Tomorrow is International Women’s Day, and we will resist the temptation to say, “You’ve come a long way, baby.” Although it is true and yet ironic in so many ways.
Women's March

Tomorrow is International Women’s Day, and we will resist the temptation to say, “You’ve come a long way, baby.”

Although it is true and yet ironic in so many ways.

The #metoo movement is seeing women and their allies discover that solidarity and speaking truth to power is not only the way to change things, but also a way to free oneself. But, it’s also a little bit like taking the measurement of exactly how deep misogyny runs in our society.

Women who have challenged their abusers have been praised for their courage. But they have also been attacked and shamed.

And, of course, it has been the women who are in relative positions of economic safety that have been the first to have their stories told. The media, as usual, gravitate to celebrities for their stories.

Meanwhile poor women, immigrant women and Indigenous women’s #metoo stories are usually only told when they result in murder trials or missing women inquiries.

The toll that sexism takes on women is immense.

Women still make 74 cents to every dollar a man earns and the separate value of women’s work in the home has now been lost in the ‘new’ economy where everyone except the rich seem to be struggling.

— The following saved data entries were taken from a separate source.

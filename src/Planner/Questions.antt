-- ===== src/Planner/Questions.antt =====
-- How many questions `ClarificationLoop.run` asks.
use url_copilot.Prelude.{
  List, Option, Option-cases, Result-cases, String, [], arith, err, inl, inr, length,
  length-take-le, map, ok, or_else, refl, take, ◌∷◌, ◌≡◌, ◌≤◌,
}
use url_copilot.Gateway.Models.{Request}
use url_copilot.Planner.{
  Reading, array_at, clarify, collect_answers, content_or_empty, generate_questions, max_questions,
  parse_questions, questions_system, request_of, resolve_requirement,
}

length-map : {A B : Type 0} (f : A → B) (xs : List A) → length (map f xs) ≡ length xs
length-map f [] = refl
length-map f (x ∷ xs) = omega (arith, length-map f xs)

parse_questions-few :
    (r : Reading) (raw : String) (questions : List String)
    → parse_questions r raw ≡ ok questions
    → length questions ≤ max_questions
unfolding parse_questions
parse_questions-few r raw questions h = elim (Option-cases (r.load_object raw)) [
  | inl malformed ↦ absurd (ground arith)
  | inr (fields, loaded) ↦ elim (Result-cases (array_at r "questions" fields)) [
    | inl (x, bad) ↦ absurd (ground arith)
    | inr (values, good) ↦
        let same : questions ≡ map r.str (take max_questions values) = ground arith in
        rw (same, length-map r.str (take max_questions values))
          (length-take-le max_questions values)
  ]
]

-- every question has its answer, in order, and no line is read that is not needed
abbrev pub answered : (String → String) → List String → List String → List (String × String)
answered strip [] lines = []
answered strip (q ∷ qs) [] = []
answered strip (q ∷ qs) (line ∷ lines) = (q, strip line) ∷ answered strip qs lines

collect_answers_enough :
    (strip : String → String) (questions lines : List String)
    → length questions ≤ length lines
    → collect_answers strip questions lines ≡ ok (answered strip questions lines)
unfolding collect_answers
collect_answers_enough strip [] lines h = refl
collect_answers_enough strip (q ∷ qs) [] h = absurd (omega arith)
collect_answers_enough strip (q ∷ qs) (line ∷ lines) h =
    rw (collect_answers_enough strip qs lines (omega arith)) refl

module _ {W : Type 0} (r : Reading) (call : Request → W → Option (Option String) × W)
    (prompt : Option (String × String)) where
  generate_questions-few :
      (requirement token run_id : String) (w : W) (questions : List String)
      → (generate_questions r call prompt requirement token run_id w).0 ≡ ok questions
      → length questions ≤ max_questions
  unfolding generate_questions
  generate_questions-few requirement token run_id w questions h =
      let request =
        request_of token (or_else run_id "clarify-questions") "clarification_questions"
          "questions_v1" questions_system requirement in
      elim (Option-cases (call request w).0) [
        | inl refused ↦ absurd (ground arith)
        | inr (content, replied) ↦
            parse_questions-few r (content_or_empty content) questions (ground arith)
      ]

  -- Four lines suffice: whatever questions the model asks, with four lines typed the clarification does
  -- not run out of input, and its outcome is that of the second call of the model on the first four
  -- questions at most with their lines, or the error of the first.
  pub clarify_asks_four :
      (lines : List String) (requirement token run_id : String) (w : W)
      → 4 ≤ length lines
      → let (generated, w1) = generate_questions r call prompt requirement token run_id w in
        clarify r call prompt lines requirement token run_id w ≡ (elim generated [
          | err x ↦ (err x, w1)
          | ok questions ↦
              resolve_requirement r call prompt requirement
                (answered r.strip questions lines)
                token
                run_id
                w1
        ])
  unfolding clarify
  clarify_asks_four lines requirement token run_id w enough =
      let (generated, w1) = generate_questions r call prompt requirement token run_id w in
      elim (Result-cases generated) [
        | inl (x, bad) ↦ ground arith
        | inr (questions, good) ↦
            let few = generate_questions-few requirement token run_id w questions good in
            let enough_lines = collect_answers_enough r.strip questions lines (omega arith) in
            ground arith
      ]
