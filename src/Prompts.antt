-- ===== src/Prompts.antt =====
-- The prompts of the stages, orchestrator/prompt_builder: the choice of a prompt file, and the messages
-- that a stage sends.
pub mod Loader
pub mod Builder
pub mod Agent
pub mod Calls
pub mod Rows
pub mod Spend
pub mod Latest
pub mod Reuse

Our interview with Burnaby’s new top cop is yet another reminder that as far as women have come, they still have a long way to go.

Chief Supt. Deanne Burleigh says she was surprised to keep finding out that she is the first woman when she lands in her new positions. It’s 2018, and she thinks women might just have been further along the equality trail by now.

We agree. Yes, women have come a long way. We have the vote, equal treatment at work, as defined under human rights, reproductive freedom and the freedom to marry who they want to marry. And girls growing up today know that they can play hockey, become a scientist, or be a full-time mom - if they so choose.

But that doesn’t mean that all of those doors are wide open and welcome mats are out. The truth is that just when you think you’ve broken a barrier, there’s another one to break.

Thankfully, as women break those barriers they learn about the women who broke trails for them before they got there. They learn that every woman who challenges sexism, in any way, makes a difference for every woman everywhere.